While Riding Jackson was a bit over-the-top—dare I say performative, representative?—in her insistence upon individual, rational meaning, it's a common concern for most of us. How do we express exactly what we mean, particularly when we're trying to convey important information? Whether that information is emotional or practical, a description of an internal state or an external occurrence, when we look at how language really works, it's a wonder that we understand one another at all.

Unless you consider our generosity. The generosity of the listener, particularly of the listener who desires understanding and connection, is paramount in this equation. It's also paramount in the enjoyment of pop music. If the listener's aim is to dismiss pop music as vapid, boring, and willfully naive, that's easy enough to do.

If, however, the listener's aim is to hear the emotional reality in lyrics like "I like doin' what she likes" and "I will not let go 'til you tell me to," we can begin to have a conversation about representations of consensual sex from Blake Shelton to Boyz II Men, instead of simply mocking grown women who like watermelon-scented candles and mandarin collars. Or we can begin to focus on why it not only doesn't matter how utterly interchangeable and banal those lyrics are, it's essential that they are so bland in order to allow the listener to be co-author, co-singer, to identify as both the speaker and the spoken to, as the object and the subject.
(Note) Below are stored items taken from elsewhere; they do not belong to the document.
-- ===== src/HostConfig/Lock/Outcome.antt =====
-- What `acquire` of backend/app/operations/host_config/infrastructure.py has tested and written where it
-- returns.
use gjallar.Prelude.{
  ℕ, ◌≡◌, sym, ap, ◌∙◌, String, false, inl, inr, none, some, [], ◌∷◌, ◌++◌, any, arith, Bool-cases,
  Option-cases,
}
use gjallar.Prelude.Text.{strip, is_blank}
use gjallar.Json.{Fields}
use gjallar.Operation.Event.{Platform}
use gjallar.Result.{ok, >>=-eq-ok, Result-cases, result_value}
use gjallar.Database.{OperationLockRecord, Database, find_lock}
use gjallar.Setup.{SetupState}
use gjallar.Setup.Host.{admit_host_mutation}
use gjallar.HostConfig.{target_identity, configuration_scope_key}
use gjallar.HostConfig.Lock.{
  ConfigurationLock, open_lock_in, configuration_row, configuration_lock, hold_configuration,
  insert_configuration, acquire_configuration, holds_scope,
}

-- What an insertion of a configuration lock that went through has tested and written.
pub hold_configuration-eq-ok :
    (state : SetupState) (row : OperationLockRecord) (target : Fields) (db db' : Database)
    → hold_configuration state row target db ≡ ok db'
    → (admit_host_mutation state row.cluster_id row.operation_type target ≡ ok tt)
      × (open_lock_in row.cluster_id db.locks ≡ none)
      × (any (holds_scope row.scope_key) db.locks ≡ false)
      × (find_lock row.operation_lock_id db.locks ≡ none)
      × (db' ≡ record db { locks = db.locks ++ row ∷ [] })
unfolding hold_configuration insert_configuration
hold_configuration-eq-ok state row target db db' h =
    elim (Result-cases (admit_host_mutation state row.cluster_id row.operation_type target)) [
      | inr (e, refused) ↦ ground (arith, refused)
      | inl (u, admitted) ↦ elim (Option-cases (open_lock_in row.cluster_id db.locks)) [
        | inr (host, busy) ↦ ground (arith, admitted, busy)
        | inl free ↦ elim (Option-cases (find_lock row.operation_lock_id db.locks)) [
          | inr (other, stored) ↦ ground (arith, admitted, free, stored)
          | inl fresh ↦ ground (arith, admitted, free, fresh)
        ]
      ]
    ]

-- What a call of `acquire` that returns has computed.
pub record Held (p : Platform) (state : SetupState) (lock_id : String) (now : ℕ)
    (operation_type cluster_id owner_id : String) (target : Fields) (db : Database)
    (lock : ConfigurationLock) (db' : Database) : Type 0 where
  pub identity : String × String
  pub scope_key : String
  pub exact : target_identity operation_type target ≡ some identity
  pub scope : configuration_scope_key p cluster_id ≡ some scope_key
  pub given :
      lock
      ≡ configuration_lock
          (configuration_row lock_id now operation_type scope_key
            (strip cluster_id)
            (strip owner_id)
            identity
            target)
          identity
          target
  pub inserted :
      hold_configuration state
        (configuration_row lock_id now operation_type scope_key
          (strip cluster_id)
          (strip owner_id)
          identity
          target)
        target
        db
      ≡ ok db'

module _ (p : Platform) (state : SetupState) (lock_id : String) (now : ℕ)
    (operation_type cluster_id owner_id : String) (target : Fields) (db : Database) where
  abbrev held_row : String → String × String → OperationLockRecord
  held_row scope_key identity =
      configuration_row lock_id now operation_type scope_key (strip cluster_id) (strip owner_id)
        identity target

  pub acquire_configuration-eq-ok :
      (lock : ConfigurationLock) (db' : Database)
      → acquire_configuration p state lock_id now operation_type cluster_id owner_id target db
        ≡ ok (lock, db')
      → Held p state lock_id now operation_type cluster_id owner_id target db lock db'
  unfolding acquire_configuration
  acquire_configuration-eq-ok lock db' h =
      elim (Option-cases (target_identity operation_type target)) [
        | inl unknown ↦ ground (arith, unknown)
        | inr (identity, exact) ↦ elim (Option-cases (configuration_scope_key p cluster_id)) [
          | inl blank ↦ ground (arith, exact, blank)
          | inr (scope_key, scope) ↦ elim (Bool-cases (is_blank owner_id)) [
            | inl no_owner ↦ ground (arith, exact, scope, no_owner)
            | inr owner ↦
                let run = rw (exact, scope, owner, acquire_configuration) at h in
                let (after, inserted, done) =
                  >>=-eq-ok (hold_configuration state (held_row scope_key identity) target db) _
                    run in
                let e = result_value done in
                record {
                  identity = identity;
                  scope_key = scope_key;
                  exact = exact;
                  scope = scope;
                  given = sym (ap (λ t. t.0) e);
                  inserted = inserted ∙ ap (λ t. ok t.1) e;
                }
          ]
        ]
      ]
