-- ===== src/HostConfig/Lock/Isolation.antt =====
-- A host configuration lock beside the other locks of its cluster: the writes of
-- backend/app/operations/host_config/infrastructure.py and of
-- backend/app/operations/locks/infrastructure/repository.py on one lock table.
use gjallar.Prelude.{
  ℕ, ◌+◌, ◌≤◌, ◌≡◌, refl, subst, String, Bool, true, false, inl, inr, none, List, [], ◌∷◌, ◌++◌,
  arith, ◌==◌, str_eq_iff, Bool-cases, Option-cases, if◌then◌else◌,
}
use gjallar.Database.{OperationLockRecord, replace_lock, is_locator}
use gjallar.Lock.{released_row, holds_configuration, configuration_holder}
use gjallar.HostConfig.Lock.{is_open_in, open_lock_in}

-- The rows that pass a test.
unfoldable pub count : (OperationLockRecord → Bool) → List OperationLockRecord → ℕ
count test [] = 0
count test (row ∷ rows) = let rest = count test rows in if test row then rest + 1 else rest

-- Where a cluster has an open configuration lock, it is the only open lock of the cluster.
pub record IsIsolated (locks : List OperationLockRecord) : Type 0 where
  pub alone :
      (cluster_id : String)
      → 1 ≤ count (holds_configuration cluster_id) locks
      → count (is_open_in cluster_id) locks ≤ 1

count-append :
    (test : OperationLockRecord → Bool) (rows : List OperationLockRecord)
    (row : OperationLockRecord)
    → count test (rows ++ row ∷ []) ≡ count test rows + (if test row then 1 else 0)
unfolding count
count-append test [] row = ground arith
count-append test (x ∷ rows) row = ground (arith, count-append test rows row)

-- A write of a row that fails the test.
count-replace :
    (test : OperationLockRecord → Bool) (new : OperationLockRecord)
    (rows : List OperationLockRecord)
    → test new ≡ false
    → count test (replace_lock new rows) ≤ count test rows
unfolding count replace_lock
count-replace test new [] h = omega arith
count-replace test new (x ∷ rows) h = ground (arith, h, count-replace test new rows h)

pub released-IsIsolated :
    (now : ℕ) (reason : String) (row : OperationLockRecord) (rows : List OperationLockRecord)
    → IsIsolated rows
    → IsIsolated (replace_lock (released_row now reason row) rows)
released-IsIsolated now reason row rows x = record {
  alone = λ c some_left.
      let hosts =
        count-replace (holds_configuration c) (released_row now reason row) rows (ground arith) in
      let opens = count-replace (is_open_in c) (released_row now reason row) rows (ground arith) in
      let old = x.alone c (omega (arith, hosts, some_left)) in omega (arith, opens, old);
}

count_no_configuration :
    (c : String) (rows : List OperationLockRecord)
    → configuration_holder c rows ≡ none
    → count (holds_configuration c) rows ≡ 0
unfolding count configuration_holder
count_no_configuration c [] h = refl
count_no_configuration c (x ∷ rows) h = ground (arith, h, count_no_configuration c rows)

count_no_open :
    (c : String) (rows : List OperationLockRecord)
    → open_lock_in c rows ≡ none
    → count (is_open_in c) rows ≡ 0
unfolding count open_lock_in
count_no_open c [] h = refl
count_no_open c (x ∷ rows) h = elim (Bool-cases (is_open_in c x)) [
  | inl opened ↦ elim (Option-cases (open_lock_in c rows)) [
    | inl rest ↦ ground (arith, opened, rest)
    | inr (other, rest) ↦ ground (arith, opened, rest)
  ]
  | inr shut ↦ ground (arith, shut, count_no_open c rows)
]

-- A VM lock is added where the cluster has no open configuration lock.
pub locator-IsIsolated :
    (row : OperationLockRecord) (rows : List OperationLockRecord)
    → is_locator row.scope_type ≡ true
    → configuration_holder row.cluster_id rows ≡ none
    → IsIsolated rows
    → IsIsolated (rows ++ row ∷ [])
locator-IsIsolated row rows vm free x = record {
  alone = λ c some_left.
      let hosts = count-append (holds_configuration c) rows row in
      let opens = count-append (is_open_in c) rows row in
      let zero_at = count_no_configuration row.cluster_id rows free in
      elim (Bool-cases (row.cluster_id == c)) [
        | inl same ↦
            let gone =
              subst (λ k. count (holds_configuration k) rows ≡ 0)
                ((str_eq_iff row.cluster_id c).0 same) zero_at in
            ground (arith, vm, hosts, gone, some_left)
        | inr other ↦ let old = x.alone c in ground (arith, vm, other, hosts, opens, some_left, old)
      ];
}

-- A configuration lock is added where the cluster has no open lock.
pub configuration-IsIsolated :
    (row : OperationLockRecord) (rows : List OperationLockRecord)
    → open_lock_in row.cluster_id rows ≡ none
    → IsIsolated rows
    → IsIsolated (rows ++ row ∷ [])
configuration-IsIsolated row rows free x = record {
  alone = λ c some_left.
      let hosts = count-append (holds_configuration c) rows row in
      let opens = count-append (is_open_in c) rows row in
      let zero_at = count_no_open row.cluster_id rows free in
      elim (Bool-cases (row.cluster_id == c)) [
        | inl same ↦
            let gone =
              subst (λ k. count (is_open_in k) rows ≡ 0) ((str_eq_iff row.cluster_id c).0 same)
                zero_at in
            ground (arith, opens, gone)
        | inr other ↦ let old = x.alone c in ground (arith, other, hosts, opens, some_left, old)
      ];
}
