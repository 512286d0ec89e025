-- ===== src/HostConfig/Admission/Outcome.antt =====
-- What `prepare` of backend/app/operations/host_config/admission.py has done where it returns a lease.
use gjallar.Prelude.{
  ℕ, ◌≡◌, refl, sym, subst, ap, ◌∙◌, String, true, inl, inr, Option, none, some, List, [], ◌∷◌,
  ◌++◌, arith, some_value, str_eq_iff, Bool-cases, Option-cases,
}
use gjallar.Prelude.Text.{strip}
use gjallar.Json.{empty}
use gjallar.Operation.Event.{Platform}
use gjallar.Operation.Create.{
  OperationSpec, OperationCreateResult, create, created_row, insert_operation,
}
use gjallar.Operation.Create.Idempotent.{create-inserted, create-unchanged}
use gjallar.Result.{ok, >>=-eq-ok, result_value}
use gjallar.Database.{OperationRecord, OperationRecoveryItemRecord, Database, find_operation}
use gjallar.Setup.{SetupState}
use gjallar.Recovery.{
  RecoverySpec, RecoveryLease, prepare_and_claim, claim_with, prepared_row, update_recovery,
  assert_operation_identity, first_row,
}
use gjallar.Recovery.Steps.{prepare_and_claim-eq-ok}
use gjallar.HostConfig.{target_identity}
use gjallar.HostConfig.Lock.{ConfigurationLock, acquire_configuration}
use gjallar.HostConfig.Admission.{
  Draws, spec_target, binding_of, bound_spec, observation_spec, lease_owner_of, prepare_new,
  prepare, is_exact_target,
}

-- The parts of an equation between answers.
some_pair :
    (answer answer' : OperationRecord × Option RecoveryLease × Database)
    (lease lease' : RecoveryLease)
    → answer' ≡ answer
    → answer.1 ≡ some lease
    → answer'.1 ≡ some lease'
    → lease' ≡ lease
some_pair answer answer' lease lease' e a b =
    some_value (sym b ∙ ap (λ (t : OperationRecord × Option RecoveryLease × Database). t.1) e ∙ a)

-- A preparation reads the Operation.
pub prepare_and_claim-found :
    (p : Platform) (now : ℕ) (token : String) (spec : RecoverySpec) (owner : String)
    (lease_time : ℕ) (version : Option ℕ) (checksum : Option String) (db : Database)
    (lease : RecoveryLease) (db' : Database)
    → prepare_and_claim p now token spec owner lease_time version checksum db ≡ ok (lease, db')
    → (row : OperationRecord) × (find_operation spec.operation_id db.operations ≡ some row)
unfolding prepare_and_claim assert_operation_identity
prepare_and_claim-found p now token spec owner lease_time version checksum db lease db' h =
    elim (Option-cases (find_operation spec.operation_id db.operations)) [
      | inl absent ↦ ground (arith, absent)
      | inr found ↦ found
    ]

pub prepare_and_claim-keeps_rows :
    (p : Platform) (now : ℕ) (token : String) (spec : RecoverySpec) (owner : String)
    (lease_time : ℕ) (version : Option ℕ) (checksum : Option String) (db : Database)
    (lease : RecoveryLease) (db' : Database)
    → prepare_and_claim p now token spec owner lease_time version checksum db ≡ ok (lease, db')
    → (items : List OperationRecoveryItemRecord) × (db' ≡ record db { recovery_items = items })
unfolding claim_with
prepare_and_claim-keeps_rows p now token spec owner lease_time version checksum db lease db' h =
    elim (prepare_and_claim-eq-ok p now token owner lease_time version checksum db spec lease db'
      h) [
        | inl (absent, l, stored) ↦
            (db.recovery_items ++ first_row p now spec (strip owner) token lease_time ∷ [], stored)
        | inr (row, found, live, unfinished, claim) ↦ (
          update_recovery row.operation_id (prepared_row p now spec (strip owner) token lease_time)
              db.recovery_items,
          ap (λ t. t.1) claim,
        )
      ]

pub find_operation-new :
    (id : String) (rows : List OperationRecord) (row : OperationRecord)
    → find_operation id rows ≡ none
    → row.operation_id ≡ id
    → find_operation id (rows ++ row ∷ []) ≡ some row
unfolding find_operation
find_operation-new id [] row h e = ground (arith, e, str_eq_iff row.operation_id id)
find_operation-new id (x ∷ rows) row h e = ground (arith, h, e, find_operation-new id rows row)

module _ (p : Platform) (state : SetupState) (d : Draws) (spec : OperationSpec)
    (cluster_id : String) (db : Database) where
  -- The three calls of a preparation that gives a lease.
  pub record Prepared (operation : OperationRecord) (lease : RecoveryLease) (db' : Database)
      : Type 0 where
    pub identity : String × String
    pub exact : target_identity spec.operation_type (spec_target spec) ≡ some identity
    pub matches : is_exact_target spec identity ≡ true
    pub absent : find_operation spec.operation_id db.operations ≡ none
    pub lock : ConfigurationLock
    pub locked : Database
    pub held :
        acquire_configuration p state d.lock_id d.lock_time spec.operation_type cluster_id
          spec.operation_id
          (spec_target spec)
          db
        ≡ ok (lock, locked)
    pub result : OperationCreateResult
    pub between : Database
    pub made :
        create p d.create_time d.event_id
          (bound_spec spec (binding_of spec lock))
          empty
          locked
          locked
        ≡ ok (result, between)
    pub claimed :
        prepare_and_claim p d.claim_time d.token
          (observation_spec spec (binding_of spec lock))
          (lease_owner_of spec d)
          60000000
          none
          none
          between
        ≡ ok (lease, db')
    pub returned : operation ≡ result.operation

  pub prepare-eq-ok :
      (operation : OperationRecord) (lease : RecoveryLease) (db' : Database)
      → prepare p state d spec cluster_id db ≡ ok (operation, some lease, db')
      → Prepared operation lease db'
  unfolding prepare prepare_new
  prepare-eq-ok operation lease db' h =
      elim (Option-cases (target_identity spec.operation_type (spec_target spec))) [
        | inl unknown ↦ ground (arith, unknown)
        | inr (identity, exact) ↦ elim (Bool-cases (is_exact_target spec identity)) [
          | inr other ↦ ground (arith, exact, other)
          | inl same ↦ elim (Option-cases (find_operation spec.operation_id db.operations)) [
            | inr (existing, found) ↦ ground (arith, exact, same, found)
            | inl absent ↦
                let run = rw (exact, same, absent, prepare) at h in
                let ((lock, locked), held, rest) =
                  >>=-eq-ok
                    (acquire_configuration p state d.lock_id d.lock_time spec.operation_type
                      cluster_id spec.operation_id (spec_target spec) db)
                    _ run in
                let ((result, between), made, rest1) =
                  >>=-eq-ok
                    (create p d.create_time d.event_id (bound_spec spec (binding_of spec lock))
                      empty locked locked)
                    _ rest in
                let ((lease', after), claimed, done) =
                  >>=-eq-ok
                    (prepare_and_claim p d.claim_time d.token
                      (observation_spec spec (binding_of spec lock)) (lease_owner_of spec d)
                      60000000 none none between)
                    _ rest1 in
                let e = result_value done in
                record {
                  identity = identity;
                  exact = exact;
                  matches = same;
                  absent = absent;
                  lock = lock;
                  locked = locked;
                  held = held;
                  result = result;
                  between = between;
                  made = made;
                  claimed = claimed ∙ (λ i. ok (
                    some_pair (operation, some lease, db') (result.operation, some lease', after)
                        lease lease' e refl refl i,
                    (e i).2,
                  ));
                  returned = sym (ap (λ t. t.0) e);
                }
          ]
        ]
      ]

  -- The Operation of a preparation is new.
  pub Prepared-created :
      (operation : OperationRecord) (lease : RecoveryLease) (db' : Database)
      (m : Prepared operation lease db')
      → find_operation spec.operation_id m.locked.operations ≡ none
      → (operation ≡ created_row p d.create_time (bound_spec spec (binding_of spec m.lock)) empty)
        × (insert_operation p d.create_time d.event_id
              (bound_spec spec (binding_of spec m.lock))
              empty
              m.locked
            ≡ ok m.between)
  Prepared-created operation lease db' m absent = elim (Bool-cases m.result.created) [
    | inl new ↦
        let (row, inserted) =
          create-inserted p d.create_time d.event_id (bound_spec spec (binding_of spec m.lock))
            empty m.locked m.locked m.between m.result m.made new in
        (m.returned ∙ row, inserted)
    | inr old ↦
        let same =
          create-unchanged p d.create_time d.event_id (bound_spec spec (binding_of spec m.lock))
            empty m.locked m.locked m.between m.result m.made old in
        let (row, found) =
          prepare_and_claim-found p d.claim_time d.token
            (observation_spec spec (binding_of spec m.lock)) (lease_owner_of spec d) 60000000 none
            none m.between lease db' m.claimed in
        let gone =
          subst (λ (x : Database). find_operation spec.operation_id x.operations ≡ none) (sym same)
            absent in
        cc (found, gone)
  ]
So what do "Auto-Tune" and Auto-Tune mean about how we listen? I think it's lovely that until it became popularized by Cher and T-Pain, among other artists, as a way to underscore the instrumentality of the vocal line (and now all the kids love the robot voice!) Auto-Tune was almost unheard of, or unheard, by the average listener. It's usually considered a sort of shame on the singer's part, the need to use Auto-Tune. But do they need it? Is the star-making corporate model of today so different from the star-making corporate model the record industry has always used? Suggesting that somehow people becoming singers now wouldn't have made it in the past seems sentimental to me.

Rather, it's the assumption that pop fans want a clear, clean, perfect vocal that leads to the use of Auto-Tune. And "Auto-Tune," in its flatness, is meant to mimic that flattening effect of Auto-Tune, which can be detected only if the producer wants us to detect it. In this way, it's also commenting on the other poems in the book--that their at times irritating disorderliness, their exaggerated humanity, their hyperreality, is just as dissonant and estranging as the surreal in poetry, pop, and Magritte's other paintings.

But I think the fact that pop—and poetry—fans don't want to hear a clear, clean, perfect voice, that they want to hear the voice as instrument, whether that means unaltered and identifiable, or mechanized and transformed into something better than human, means that we're happiest, we're at our best, listening generously. That we hear the note, even if the singer doesn't hit the note. That we read the meaning, even if the meaning is confounded by ums and likes. That, ultimately, Britney Spears doesn't have to prove to us that she is not a robot.